"When I come across such a disagreeable sight it will be time enough to decide whether I will interfere or not. At present I have not met with anything of the kind," returns he, resolutely putting an end to the dialogue by knocking at Mrs. Byng's portal, within which he is at once admitted.
The door of the bedroom communicating with the salon is open, and through it he sees the lady he has come to visit standing surrounded by gaping dress-baskets, strewn raiment, and scattered papers; all the uncomfortable litter that speaks of an imminent departure. She joins him at once, and, shutting the door behind her, sits down with a fagged air.
"I hear," he begins—"Willy tells me—I am very sorry to hear——"
"Oh, there is no great cause for sorrow," rejoins she quickly, as if anxious to disclaim a grief which might be supposed to check or limit her conversation—"poor dear old auntie!—the people who love her best could not wish to keep her in the state she has been in for the last year; oh, dear!"—sighing—"how very dismal the dregs of life are! do not you hope, Jim, that we shall die before we come to be 'happy releases'?"

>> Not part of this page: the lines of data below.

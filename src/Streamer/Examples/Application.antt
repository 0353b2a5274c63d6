-- ===== src/Streamer/Examples/Application.antt =====
-- Runs of a batch through services that answer, and through services that refuse the events.
use fps_anticheat_data_platf.Prelude.{◌≡◌, refl, ◌++◌, true, false, List, [], ◌∷◌, is_empty}
use fps_anticheat_data_platf.Prelude.Int.{pos}
use fps_anticheat_data_platf.Prelude.Text.{trim, all_hex}
use fps_anticheat_data_platf.Prelude.Result.{ok, err}
use fps_anticheat_data_platf.Streamer.Accumulator.{CompletedBatch}
use fps_anticheat_data_platf.Streamer.Validator.{
  validate_batch, validate_each, validate_any, reasons_of, validate_event_id, validate_identifier,
  validate_payload, validate_player_stat, validate_common_times, check_each, push_if,
}
use fps_anticheat_data_platf.Streamer.Dedup.{deduplicate_batch, deduplicate_each, contains}
use fps_anticheat_data_platf.Streamer.Breaker.{can_spawn, read_cpu, read_mem, decide}
use fps_anticheat_data_platf.Streamer.Consumer.{
  positions_of, position_of, add_positions, commit_partition_offsets,
}
use fps_anticheat_data_platf.Streamer.Action.{Effect, committed, arrow, call}
use fps_anticheat_data_platf.Streamer.Action.Extends.{Quietly}
use fps_anticheat_data_platf.Streamer.App.{
  process_completed_batch, process_outcomes, store_batch, commit_batch, encode,
}
use fps_anticheat_data_platf.Streamer.App.Stored.{IsStored}
use fps_anticheat_data_platf.Streamer.App.Durable.{
  validated, deduplicated, process_completed_batch-ok, process_completed_batch-err,
}
use fps_anticheat_data_platf.Streamer.Action.{World}
use fps_anticheat_data_platf.Streamer.App.Healthy.{After, process_completed_batch_succeeds}
use fps_anticheat_data_platf.Streamer.Bronze.{events_to_record_batch}
use fps_anticheat_data_platf.Streamer.Parquet.{
  record_batch_to_parquet_bytes, read_parquet_bytes, collect_batches,
}
use fps_anticheat_data_platf.Streamer.Examples.Projection.{Table, tables, tables-IsArrow, height}
use fps_anticheat_data_platf.Streamer.Examples.Serving.{three, bronze_of_three, services, refusing}
use fps_anticheat_data_platf.Streamer.App.Successes.{IsHealthy, GivesBack}
use fps_anticheat_data_platf.Streamer.App.Loss.{process_completed_batch_drops}
use fps_anticheat_data_platf.Streamer.Examples.{batch_of, good, bad, broken, start, watched}

three_unique : is_empty (deduplicated services three).unique_records ≡ false
unfolding validate_batch validate_each validate_any reasons_of validate_event_id validate_identifier
    validate_payload validate_player_stat validate_common_times check_each push_if deduplicate_batch
    deduplicate_each contains trim all_hex
three_unique = refl

abbrev one_good : CompletedBatch
one_good = batch_of (good ∷ []) []

refused_fails :
    process_completed_batch refusing one_good start
    ≡ (err (arrow "Khởi tạo Arrow RecordBatch thất bại: schema"), start)
unfolding validate_batch validate_each validate_any reasons_of validate_event_id validate_identifier
    validate_payload validate_player_stat validate_common_times check_each push_if deduplicate_batch
    deduplicate_each contains trim all_hex process_completed_batch process_outcomes store_batch
    encode events_to_record_batch
refused_fails = refl

process_completed_batch-err_example : Quietly start start
process_completed_batch-err_example =
    process_completed_batch-err refusing one_good start start
      (arrow "Khởi tạo Arrow RecordBatch thất bại: schema") refused_fails

abbrev only_broken : CompletedBatch
only_broken = batch_of (bad ∷ []) (broken (pos 0) (pos 7) ∷ [])

nothing_left : is_empty (deduplicated services only_broken).unique_records ≡ true
unfolding validate_batch validate_each validate_any reasons_of validate_event_id validate_identifier
    validate_payload validate_player_stat validate_common_times check_each push_if deduplicate_batch
    deduplicate_each contains trim all_hex
nothing_left = refl

only_broken_runs :
    process_completed_batch services only_broken start
    ≡ (ok tt, (process_completed_batch services only_broken start).1)
unfolding validate_batch validate_each validate_any reasons_of validate_event_id validate_identifier
    validate_payload validate_player_stat validate_common_times check_each push_if deduplicate_batch
    deduplicate_each contains trim all_hex call commit_partition_offsets add_positions position_of
    process_completed_batch process_outcomes commit_batch
only_broken_runs = refl

process_completed_batch_drops_example :
    (process_completed_batch services only_broken start).1.log
    ≡ [] ++ committed "raw" (positions_of only_broken.partition_offsets) ∷ []
process_completed_batch_drops_example =
    process_completed_batch_drops services only_broken start
      (process_completed_batch services only_broken start).1 refl refl nothing_left only_broken_runs

pub services-IsHealthy : IsHealthy services watched
unfolding can_spawn read_cpu read_mem decide record_batch_to_parquet_bytes
services-IsHealthy = record {
  works = record {
    disk = λ op path. refl;
    buffers = λ path bytes. refl;
    puts = λ log. refl;
    encodes = λ b. (height b.cols ∷ [], refl);
    arrow = tables-IsArrow;
  };
  store = record { reads = λ log key bytes e. rw e refl };
  permits = λ l. refl;
  directories = λ l. ("/tmp/w", refl);
  writes_event = λ e. (2 ∷ [], refl);
  sends = λ l. refl;
  commits = λ l. refl;
  takes = λ p. refl;
  unpoisoned = λ l. refl;
  allows = λ l. refl;
}

pub three_records : (deduplicated services three).unique_records ≡ good ∷ []
unfolding validate_batch validate_each validate_any reasons_of validate_event_id validate_identifier
    validate_payload validate_player_stat validate_common_times check_each push_if deduplicate_batch
    deduplicate_each contains trim all_hex
three_records = refl

pub three_table :
    (table : Table) → events_to_record_batch tables (good ∷ []) ≡ ok table → bronze_of_three ≡ table
unfolding events_to_record_batch
three_table table made = cc

services-GivesBack : GivesBack services three
unfolding read_parquet_bytes collect_batches
services-GivesBack = record {
  manifest = λ checksum. (1 ∷ [], "{}", refl, refl, refl);
  bronze = λ table bytes made written some_row.
      (bronze_of_three ∷ [], refl, refl, rw (three_table table (rw three_records at made)) refl);
}

process_completed_batch_succeeds_example :
    (w' : World) × (es : List Effect) × (process_completed_batch services three start ≡ (ok tt, w'))
    × (w'.log ≡ [] ++ (es ++ committed "raw" (positions_of three.partition_offsets) ∷ []))
    × After services (is_empty (deduplicated services three).unique_records) three [] es
process_completed_batch_succeeds_example =
    process_completed_batch_succeeds services watched three start services-IsHealthy
      services-GivesBack refl refl refl

-- the same run, as the premise of the theorem about a batch that succeeds
three_runs : (w' : World) × (process_completed_batch services three start ≡ (ok tt, w'))
three_runs =
    let (w', es, runs, _, _) =
      process_completed_batch_succeeds services watched three start services-IsHealthy
        services-GivesBack refl refl refl in
    (w', runs)

process_completed_batch-ok_example :
    (es : List Effect) × (three_runs.0.log
      ≡ [] ++ (es ++ committed "raw" (positions_of three.partition_offsets) ∷ []))
    × IsStored services three (validated services three) (deduplicated services three) [] es
process_completed_batch-ok_example =
    process_completed_batch-ok services three start three_runs.0 refl three_unique three_runs.1
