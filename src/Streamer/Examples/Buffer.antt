-- ===== src/Streamer/Examples/Buffer.antt =====
-- Runs of the buffer, of the commit's positions and of the classification.
use mathlib.Core.List.{Permᴰ}
use fps_anticheat_data_platf.Prelude.{
  ℕ, ◌+◌, ◌≡◌, refl, true, String, Option, none, some, List, [], ◌∷◌, length, All, arith,
}
use fps_anticheat_data_platf.Prelude.Int.{ℤ, pos, ◌+ℤ◌, ltb_ℤ}
use fps_anticheat_data_platf.Prelude.Result.{Result, ok, err}
use fps_anticheat_data_platf.Streamer.Domain.{AnyEnvelope, ConsumeOutcome, valid, invalid}
use fps_anticheat_data_platf.Streamer.Accumulator.{
  Span, BatchAccumulatorConfig, CompletedBatch, new, Poll, received, poll_error, timed_out,
  poll_step, generate_batch_id, pending_count, event_bytes, invalid_bytes,
}
use fps_anticheat_data_platf.Streamer.Accumulator.Offsets.{
  lookup, Occurs, partition_of, offset_of, range_of, range_of-IsRange, range_from,
}
use fps_anticheat_data_platf.Streamer.Accumulator.Batches.{Holds, IsBatchOf}
use fps_anticheat_data_platf.Streamer.Accumulator.Stream.{
  poll_all, outcomes_of, SplitsAs, poll_all-splits,
}
use fps_anticheat_data_platf.Streamer.Accumulator.Bounds.{
  IsUsable, IsBelow, Bounded, poll_bytes, poll_step-Bounded,
}
use fps_anticheat_data_platf.Streamer.Accumulator.Identity.{IsKeyed, generate_batch_id-perm}
use fps_anticheat_data_platf.Streamer.Consumer.{BorrowedMessage, positions_of, recv_outcome}
use fps_anticheat_data_platf.Streamer.Consumer.Positions.{next_for, positions_of_lem}
use fps_anticheat_data_platf.Streamer.Consumer.Outcomes.{Received, recv_outcome_lem}
use fps_anticheat_data_platf.Streamer.App.{manifest_of}
use fps_anticheat_data_platf.Streamer.App.Durable.{validated, deduplicated}
use fps_anticheat_data_platf.Streamer.App.Accounts.{manifest_accounts}
use fps_anticheat_data_platf.Streamer.Examples.{good, bad, message, broken}
use fps_anticheat_data_platf.Streamer.Examples.Serving.{services}

abbrev digest : String → String
digest s = s

abbrev pub small : BatchAccumulatorConfig
small = record { max_records = 2; max_bytes = 4096; flush_interval = 100 }

abbrev pub rounds : List Poll
rounds =
    received 1 (valid (message good (pos 0) (pos 7)))
    ∷ poll_error
    ∷ received 2 (invalid (broken (pos 0) (pos 9)))
    ∷ received 3 (valid (message bad (pos 1) (pos 4)))
    ∷ timed_out 60
    ∷ []

poll_all-splits_example :
    (rest : List ConsumeOutcome) × Holds rest (poll_all digest rounds (new small 0)).0
    × SplitsAs (outcomes_of rounds) (poll_all digest rounds (new small 0)).1 rest
poll_all-splits_example = poll_all-splits digest small 0 rounds

small-IsUsable : IsUsable small
small-IsUsable = record { records = omega arith; bytes = omega arith }

new-IsBelow : IsBelow small (new small 0)
unfolding new pending_count
new-IsBelow = record { config = refl; records = omega arith; bytes = omega arith }

poll_step-Bounded_example :
    Bounded small
      (poll_bytes (received 1 (valid (message good (pos 0) (pos 7)))))
      (poll_step digest (received 1 (valid (message good (pos 0) (pos 7)))) (new small 0))
poll_step-Bounded_example =
    poll_step-Bounded digest small (received 1 (valid (message good (pos 0) (pos 7)))) (new small 0)
      small-IsUsable new-IsBelow

abbrev span : ℤ → Span
span p = record { partition = p; min_offset = pos 3; max_offset = pos 8 }

two-IsKeyed : IsKeyed (span (pos 1) ∷ span (pos 0) ∷ [])
two-IsKeyed = (((λ e. ground (arith, e)), tt), (tt, tt))

generate_batch_id-perm_example :
    generate_batch_id digest (span (pos 1) ∷ span (pos 0) ∷ [])
    ≡ generate_batch_id digest (span (pos 0) ∷ span (pos 1) ∷ [])
generate_batch_id-perm_example =
    generate_batch_id-perm digest (span (pos 1) ∷ span (pos 0) ∷ [])
      (span (pos 0) ∷ span (pos 1) ∷ []) two-IsKeyed (Permᴰ.swap refl refl)

abbrev pair : List ConsumeOutcome
pair = valid (message good (pos 0) (pos 7)) ∷ invalid (broken (pos 0) (pos 9)) ∷ []

abbrev pair_batch : CompletedBatch
pair_batch = record {
  batch_id = "b";
  events = good ∷ [];
  malformed_messages = broken (pos 0) (pos 9) ∷ [];
  partition_offsets = record { partition = pos 0; min_offset = pos 7; max_offset = pos 9 } ∷ [];
  record_count = 2;
  estimated_bytes = 466;
}

pair_spans : (q : ℤ) → lookup q pair_batch.partition_offsets ≡ range_of q pair
unfolding lookup range_of range_from
pair_spans q = ground arith

pair-IsBatchOf : IsBatchOf pair pair_batch
unfolding event_bytes invalid_bytes
pair-IsBatchOf = record {
  nonempty = refl;
  events = refl;
  malformed = refl;
  spans = λ q. rw pair_spans (range_of-IsRange q pair);
  count = refl;
  bytes = refl;
}

positions_of_lem_example :
    (next_for (pos 0) (positions_of pair_batch.partition_offsets) ≡ some (pos 9 +ℤ pos 1))
    × Occurs (pos 0) (pos 9) pair
    × All (λ x. partition_of x ≡ pos 0 → ltb_ℤ (offset_of x) (pos 9 +ℤ pos 1) ≡ true) pair
unfolding lookup
positions_of_lem_example =
    positions_of_lem (pos 0) (pos 7) (pos 9) pair pair_batch pair-IsBatchOf refl refl

manifest_accounts_example :
    let m =
      manifest_of services pair_batch
        (validated services pair_batch)
        (deduplicated services pair_batch)
        "k"
        "00" in
    (m.total_records_read ≡ length pair)
    × (m.total_records_read
        ≡ m.valid_records_count + m.invalid_records_count + length pair_batch.malformed_messages)
    × (m.valid_records_count
        ≡ length (deduplicated services pair_batch).unique_records + m.duplicate_records_count)
manifest_accounts_example = manifest_accounts services pair pair_batch "k" "00" pair-IsBatchOf

abbrev no_text : List ℕ → Option String
no_text bytes = none

abbrev parses_good : List ℕ → Result String AnyEnvelope
parses_good [] = err "EOF"
parses_good (x ∷ xs) = ok good

abbrev delivered : BorrowedMessage
delivered = record {
  topic = "raw";
  partition = pos 0;
  offset = pos 7;
  key = none;
  payload = some (123 ∷ 125 ∷ []);
}

recv_outcome_lem_example :
    Received parses_good 100 (ok delivered) (recv_outcome no_text parses_good 100 (ok delivered))
recv_outcome_lem_example = recv_outcome_lem no_text parses_good 100 (ok delivered)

"I do indeed," replies he gravely; "I expect to be sick—dead-sick of life long before I reach that stage of it."
He looks at her resentfully as she speaks, but she has so entirely forgotten her own application of the accented adjectives to his feelings for Amelia, that she replies only by a rather puzzled but perfectly innocent glance.
"I never was so unwilling to leave any place in my life," she goes on presently, pursuing her own train of thought; "I do not know how to describe it—a sort of presentiment."
He smiles.
"And yet I do not think that there are any owls in the Piazza to hoot under your windows!"
"Perhaps not," rejoins she, with some warmth; "but what is still more unlucky than that happened to me last night; they passed the wine the wrong way round the table at the MacIvors. I was on thorns!"